Your assignment:
Using the records below, give again exactly the lines from the line that contains "inside i (inr (inr (inr (inr" through the line that contains "write_all-IsImage round_up round_up-RoundsUp", both ends included, and only those.

Stored data entries
-*-*-
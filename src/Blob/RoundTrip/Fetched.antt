-- ===== src/Blob/RoundTrip/Fetched.antt =====
-- The bytes of a blob come back as they were written.
use gemma_cpp.Base.{ℕ, ◌+◌, ◌<◌, ◌≡◌, List, length}
use gemma_cpp.Base.Block.{Block}
use gemma_cpp.Blob.{U128, Pointer, Span}
use gemma_cpp.Blob.Io.{Calls, Memory}
use gemma_cpp.Blob.Store.{RoundsUp, Allocator, align, header_size}
use gemma_cpp.Blob.Store.Layout.{padded_total}

-- The bytes from one pointer on are those from the other pointer on in another memory.
abbrev pub Copied : ℕ → Memory → Pointer → Memory → Pointer → Type 0
Copied size memory p memory' p' =
    (k : ℕ) → k < size → memory' p'.buffer (p'.at + k) ≡ memory p.buffer (p.at + k)

module _ (round_up_to : ℕ → ℕ → ℕ) (rounds : RoundsUp round_up_to) (allocator : Allocator)
    (bytes : ℕ → ℕ) (fd : ℕ) (first rest : Calls) (calls : ℕ → Calls) (stack : ℕ → ℕ)
    (order : ℕ → List ℕ) (file m : Block) (source : Memory) (keys : List U128)
    (blobs : List Span) where
  abbrev padded : ℕ
  padded = round_up_to (header_size (length keys)) align

  abbrev total : ℕ
  total = padded + padded_total round_up_to blobs
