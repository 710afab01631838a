-- ===== src/Blob/Tests.antt =====
-- Small files of blobs, and the theorems about them at concrete inputs.
mod Reading
mod Keys
mod Again
use gemma_cpp.Base.{
  zero, suc, inl, inr, ◌⊎◌, ℕ, ◌+◌, ◌-◌, ◌*◌, ◌/◌, ◌^◌, ◌≤◌, ◌<◌, ◌≡◌, refl, arith, ok, failed,
  true, false, List, [], ◌∷◌, ◌++◌, none, some, ◌==◌, inl, inr, length, min, Returns,
}
use native.Mathlib.Nat.{mul-mod_left, lt-div-mul-add, div-mul-le_self}
use gemma_cpp.Base.Block.{Block, slice, le_bytes}
use gemma_cpp.Blob.{Run, Fault, U128, Buffer, Pointer, BlobIo, Span}
use gemma_cpp.Blob.Chunks.{enqueue_chunk_requests}
use gemma_cpp.Blob.Chunks.Tiling.{Tiles, enqueue_chunk_requests-Tiles}
use gemma_cpp.Blob.Io.{Calls, Memory, io_read, io_write}
use gemma_cpp.Blob.Io.Reads.{io_read-prefix, io_read_complete}
use gemma_cpp.Blob.Io.Writes.{Wrote, io_write-Wrote, io_write_complete}
use gemma_cpp.Blob.Store.{RoundsUp, prepare_write_requests, check_validity, find_key}
use gemma_cpp.Blob.Store.{
  allocate, zero_fill_padding, load, poke, poke_key, copy_keys, payload_loop, enqueue_padding,
  fill_loop,
}
use gemma_cpp.Blob.Writer.{BlobWriter, Elem, Runs, at_write, empty_file, write_all}
use gemma_cpp.Blob.Writer.Image.{file_image}
use gemma_cpp.Blob.Writer.File.{IsImage, write_all-IsImage, write_all_complete}
use gemma_cpp.Blob.Store.Layout.{KeysFit, SizesFit, IsHeader, Plan, padded_total}
use gemma_cpp.Blob.Store.Written.{header_request, prepare_write_requests-IsHeader}
use gemma_cpp.Blob.Store.Validity.{check_validity_accepts, check_validity_overruns}
use gemma_cpp.Blob.Store.Find.{first_blob, find_key-first_blob}

abbrev pub round_up : ℕ → ℕ → ℕ
round_up what a = (what + a - 1) / a * a

pub round_up-RoundsUp : RoundsUp round_up
round_up-RoundsUp what a h f =
    let x = what + a - 1 in
    let above : x < x / a * a + a = lt-div-mul-add h in
    let below : x / a * a ≤ x = div-mul-le_self x a in
    (omega arith, omega arith, mul-mod_left (x / a) a)

abbrev at_heap : ℕ → Pointer
at_heap k = record { buffer = Buffer.heap k; at = 0 }

enqueue_chunk_requests-Tiles_example :
    Returns
      (enqueue_chunk_requests 256 10000000 (at_heap 0) [])
      λ rs. (new : List BlobIo) × (rs ≡ [] ++ new) × Tiles 256 10000000 (at_heap 0) new
enqueue_chunk_requests-Tiles_example =
    enqueue_chunk_requests-Tiles 256 10000000 (at_heap 0) (omega arith) []

-- A file of ten bytes, calls that transfer two bytes at most, and memory.
abbrev ten_bytes : Block
ten_bytes = record { size = 10; byte = λ q. q * q }

abbrev two_at_most : Calls
two_at_most i count offset = some (min 2 (min count (10 - offset)))

abbrev heap_memory : Memory
heap_memory buffer q = 7 * q + 1

-- Two keys, with blobs that fill their last block, and with one that does not.
abbrev pub two_keys : List U128
two_keys = record { lo = 1; hi = 0 } ∷ record { lo = 2; hi = 9 } ∷ []

abbrev pub whole_blobs : List Span
whole_blobs = record { ptr = at_heap 0; size = 256 } ∷ record { ptr = at_heap 1; size = 512 } ∷ []

abbrev ragged_blobs : List Span
ragged_blobs = record { ptr = at_heap 0; size = 256 } ∷ record { ptr = at_heap 1; size = 300 } ∷ []

two_keys_fit : KeysFit two_keys
two_keys_fit = (omega arith, omega arith, (omega arith, omega arith, tt))

ragged_fit : SizesFit ragged_blobs
ragged_fit = (omega arith, (omega arith, tt))

prepare_write_requests-IsHeader_example :
    (m : Block) × (rs : List BlobIo) × (prepare_write_requests round_up
        (λ n. some (λ q. 5))
        two_keys
        ragged_blobs
      ≡ ok (header_request 256 ∷ rs, m))
    × IsHeader round_up m two_keys ragged_blobs
    × Plan round_up 256 ragged_blobs rs
prepare_write_requests-IsHeader_example =
    prepare_write_requests-IsHeader round_up round_up-RoundsUp (λ n. some (λ q. 5)) (λ q. 5)
      two_keys ragged_blobs refl refl (omega arith) two_keys_fit ragged_fit (omega arith)

-- The header that the writer fills for the blobs.
abbrev pub Prepared : List Span → Type 0
Prepared blobs =
    (m : Block) × (rs : List BlobIo) × (prepare_write_requests round_up (λ n. some (λ q. 5))
        two_keys blobs
      ≡ ok (header_request 256 ∷ rs, m))
    × IsHeader round_up m two_keys blobs
    × Plan round_up 256 blobs rs

prepared :
    (blobs : List Span)
    → 2 ≡ length blobs
    → SizesFit blobs
    → 256 + padded_total round_up blobs < 2 ^ 64
    → Prepared blobs
prepared blobs same sizes =
    prepare_write_requests-IsHeader round_up round_up-RoundsUp (λ n. some (λ q. 5)) (λ q. 5)
      two_keys blobs refl same (omega arith) two_keys_fit sizes

pub whole : Prepared whole_blobs
whole = prepared whole_blobs refl (omega arith, (omega arith, tt)) (omega arith)

ragged : Prepared ragged_blobs
ragged = prepared ragged_blobs refl ragged_fit (omega arith)

check_validity_accepts_example :
    (m : Block) × (check_validity round_up whole.0 1024 ≡ ok (0, m))
    × IsHeader round_up m two_keys whole_blobs
check_validity_accepts_example =
    check_validity_accepts round_up round_up-RoundsUp whole.0 two_keys whole_blobs whole.3 refl
      (omega arith) (omega arith) (omega arith, (omega arith, tt)) (omega arith) (refl, (refl, tt))

check_validity_overruns_example : check_validity round_up ragged.0 1024 ≡ failed Fault.out_of_bounds
check_validity_overruns_example =
    check_validity_overruns round_up round_up-RoundsUp ragged.0 two_keys ragged_blobs ragged.3 refl
      (omega arith) (omega arith) ragged_fit (omega arith) (inr (inl (λ e. omega arith)))

find_key-first_blob_example : find_key ragged.0 (record { lo = 2; hi = 9 }) ≡ ok (some (512, 300))
unfolding first_blob
find_key-first_blob_example =
    find_key-first_blob round_up ragged.0 two_keys ragged_blobs (record { lo = 2; hi = 9 }) ragged.3
      refl

-- The writer of the two blobs: the header, the blobs and one padding, in some order of tasks.
abbrev writer : BlobWriter
writer = record { keys = two_keys; blobs = ragged_blobs }

abbrev four_requests : List BlobIo
four_requests =
    header_request 256
    ∷ record { offset = 256; size = 256; ptr = at_heap 0; padding = 0 }
    ∷ record { offset = 512; size = 300; ptr = at_heap 1; padding = 0 }
    ∷ record {
      offset = 812;
      size = 212;
      ptr = record { buffer = Buffer.zeros; at = 0 };
      padding = 0;
    }
    ∷ []

abbrev memory_of : Run (List BlobIo × Block) → Block
memory_of (ok r) = r.1
memory_of (failed e) = empty_file

abbrev ragged_header : Block
ragged_header =
    memory_of (prepare_write_requests round_up (λ n. some (λ q. 5)) two_keys ragged_blobs)

ragged_requests :
    prepare_write_requests round_up (λ n. some (λ q. 5)) two_keys ragged_blobs
    ≡ ok (four_requests, ragged_header)
unfolding prepare_write_requests allocate zero_fill_padding load poke poke_key copy_keys
    payload_loop enqueue_padding fill_loop enqueue_chunk_requests le_bytes
ragged_requests = refl

abbrev order : List ℕ
order = 2 ∷ 0 ∷ 3 ∷ 1 ∷ []

order-Runs : Runs 4 order
order-Runs = (inside, all)
  where
    inside : (i : ℕ) → Elem i order → i < 4
    inside i (inl e) = omega arith
    inside i (inr (inl e)) = omega arith
    inside i (inr (inr (inl e))) = omega arith
    inside i (inr (inr (inr (inl e)))) = omega arith
    inside i (inr (inr (inr (inr m)))) = absurd m

    all : (i : ℕ) → i < 4 → Elem i order
    all zero h = inr (inl refl)
    all (suc zero) h = inr (inr (inr (inl refl)))
    all (suc (suc zero)) h = inl refl
    all (suc (suc (suc zero))) h = inr (inr (inl refl))
    all (suc (suc (suc (suc i)))) h = absurd (omega arith)

abbrev one_at_most : ℕ → Calls
one_at_most task i count offset = some (min 1 count)

write_all-IsImage_example :
    (write_all round_up (λ n. some (λ q. 5)) (λ m q. 9) one_at_most false heap_memory order writer
      ≡ ok (334, none))
    × (f : Block) × ((write_all round_up
            (λ n. some (λ q. 5))
            (λ m q. 9)
            one_at_most
            true
            heap_memory
            order
            writer
          ≡ ok (344, some f))
        ⊎ ((write_all round_up
                (λ n. some (λ q. 5))
                (λ m q. 9)
                one_at_most
                true
                heap_memory
                order
                writer
              ≡ ok (0, some f))
            × IsImage 1024
                (file_image round_up
                  (at_write heap_memory (λ m q. 9) ragged_header)
                  256
                  ragged_blobs)
                f))
write_all-IsImage_example =
    write_all-IsImage round_up round_up-RoundsUp (λ n. some (λ q. 5)) (λ q. 5) (λ m q. 9)
      one_at_most heap_memory order writer refl (omega arith) two_keys_fit ragged_fit (omega arith)
      refl (λ task i count offset n e. ground arith) four_requests ragged_header ragged_requests
      order-Runs

write_all_complete_example :
    (f : Block) × (write_all round_up
        (λ n. some (λ q. 5))
        (λ m q. 9)
        one_at_most
        true
        heap_memory
        order
        writer
      ≡ ok (0, some f))
    × IsImage 1024
        (file_image round_up (at_write heap_memory (λ m q. 9) ragged_header) 256 ragged_blobs)
        f
write_all_complete_example =
    write_all_complete round_up round_up-RoundsUp (λ n. some (λ q. 5)) (λ q. 5) (λ m q. 9)
      one_at_most heap_memory order writer refl (omega arith) two_keys_fit ragged_fit (omega arith)
      refl (λ task i count offset n e. ground arith) four_requests ragged_header ragged_requests
      order-Runs 1024 (λ task i count offset. (_, refl, λ a b. omega arith)) (omega arith)
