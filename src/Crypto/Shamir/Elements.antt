-- ===== src/Crypto/Shamir/Elements.antt =====
-- The bytes with the operations of crypto/gf256.go are a field.
use mathlib.Core.HLevel.{Σ_prop_path}
use native.Mathlib.Bridge.{le_prop}
use native.Mathlib.Decide.{ℕ_discrete}
use genomedb.Base.{ℕ, ◌<◌, ◌≡◌, ◌≢◌, ap, none, some, bit_xor, arith}
use genomedb.Base.Xor.{xor_comm, xor_assoc, xor_self, zero-bit_xor, bit_xor-lt}
use genomedb.Crypto.Gf256.{gf_mul, gf_div}
use genomedb.Crypto.Gf256.Laws
use genomedb.Crypto.Field.{Field}

abbrev pub Element : Type 0
Element = (n : ℕ) × (n < 256)

abbrev pub val : Element → ℕ
val a = a.0

pub element_path : (a b : Element) → val a ≡ val b → a ≡ b
element_path a b p = Σ_prop_path (λ n. le_prop) p

-- The quotient, and 0 where gfDiv panics.
pub quotient_or_zero : ℕ → ℕ → ℕ
quotient_or_zero a b = elim (gf_div a b) [ none ↦ 0 | some q ↦ q ]

quotient_or_zero_lem : (a b q : ℕ) → gf_div a b ≡ some q → quotient_or_zero a b ≡ q
unfolding quotient_or_zero
quotient_or_zero_lem a b q e = rw (e, quotient_or_zero)

pub gf_div_total :
    (a b : ℕ)
    → a < 256
    → b < 256
    → b ≢ 0
    → (gf_div a b ≡ some (quotient_or_zero a b))
      × (gf_mul (quotient_or_zero a b) b ≡ a)
      × (quotient_or_zero a b < 256)
gf_div_total a b la lb nb =
    let (q, e, m, l) = Laws.gf_div_lem a b la lb nb in rw (quotient_or_zero_lem a b q e) (e, m, l)

quotient_by_zero : (a : ℕ) → quotient_or_zero a 0 ≡ 0
unfolding quotient_or_zero gf_div
quotient_by_zero a = ground arith

pub quotient_or_zero-lt : (a b : ℕ) → a < 256 → b < 256 → quotient_or_zero a b < 256
quotient_or_zero-lt a b la lb = elim (ℕ_discrete b 0) [
  | yes e ↦ rw (e, quotient_by_zero a) (omega arith)
  | no nb ↦ (gf_div_total a b la lb nb).2
]

abbrev pub add : Element → Element → Element
add (a, la) (b, lb) = (bit_xor a b, bit_xor-lt a b la lb)

abbrev pub mul : Element → Element → Element
mul (a, la) (b, lb) = (gf_mul a b, Laws.gf_mul-lt a b la lb)

abbrev pub quotient : Element → Element → Element
quotient (a, la) (b, lb) = (quotient_or_zero a b, quotient_or_zero-lt a b la lb)

-- The field that the secret sharing computes in.
unfoldable pub bytes_field : Field Element
bytes_field = record {
  zero = (0, omega arith);
  one = (1, omega arith);
  ◌⊕◌ = add;
  ◌⊗◌ = mul;
  div = quotient;
  add_assoc = λ a b c. element_path _ _ (xor_assoc (val a) (val b) (val c));
  add_comm = λ a b. element_path _ _ (xor_comm (val a) (val b));
  zero-add = λ a. element_path _ _ (zero-bit_xor (val a));
  add_self = λ a. element_path _ _ (xor_self (val a));
  mul_assoc = λ a b c. element_path _ _ (Laws.mul_assoc (val a) (val b) (val c) a.1 b.1 c.1);
  mul_comm = λ a b. element_path _ _ (Laws.mul_comm (val a) (val b));
  one-mul = λ a. element_path _ _ (Laws.one-gf_mul (val a) a.1);
  zero-mul = λ a. element_path _ _ (Laws.zero-gf_mul (val a));
  add-mul = λ a b c. element_path _ _ (Laws.bit_xor-gf_mul (val a) (val b) (val c) a.1 b.1 c.1);
  div-mul = λ a b nb.
      element_path _ _ (gf_div_total (val a) (val b) a.1 b.1 (λ e. nb (element_path _ _ e))).1;
  zero-ne-one = λ e. omega (arith, ap val e);
}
-*-*-
Problem solution:
    inside i (inr (inr (inr (inr m)))) = absurd m

    all : (i : ℕ) → i < 4 → Elem i order
    all zero h = inr (inl refl)
    all (suc zero) h = inr (inr (inr (inl refl)))
    all (suc (suc zero)) h = inl refl
    all (suc (suc (suc zero))) h = inr (inr (inl refl))
    all (suc (suc (suc (suc i)))) h = absurd (omega arith)

abbrev one_at_most : ℕ → Calls
one_at_most task i count offset = some (min 1 count)

write_all-IsImage_example :
    (write_all round_up (λ n. some (λ q. 5)) (λ m q. 9) one_at_most false heap_memory order writer
      ≡ ok (334, none))
    × (f : Block) × ((write_all round_up
            (λ n. some (λ q. 5))
            (λ m q. 9)
            one_at_most
            true
            heap_memory
            order
            writer
          ≡ ok (344, some f))
        ⊎ ((write_all round_up
                (λ n. some (λ q. 5))
                (λ m q. 9)
                one_at_most
                true
                heap_memory
                order
                writer
              ≡ ok (0, some f))
            × IsImage 1024
                (file_image round_up
                  (at_write heap_memory (λ m q. 9) ragged_header)
                  256
                  ragged_blobs)
                f))
write_all-IsImage_example =
    write_all-IsImage round_up round_up-RoundsUp (λ n. some (λ q. 5)) (λ q. 5) (λ m q. 9)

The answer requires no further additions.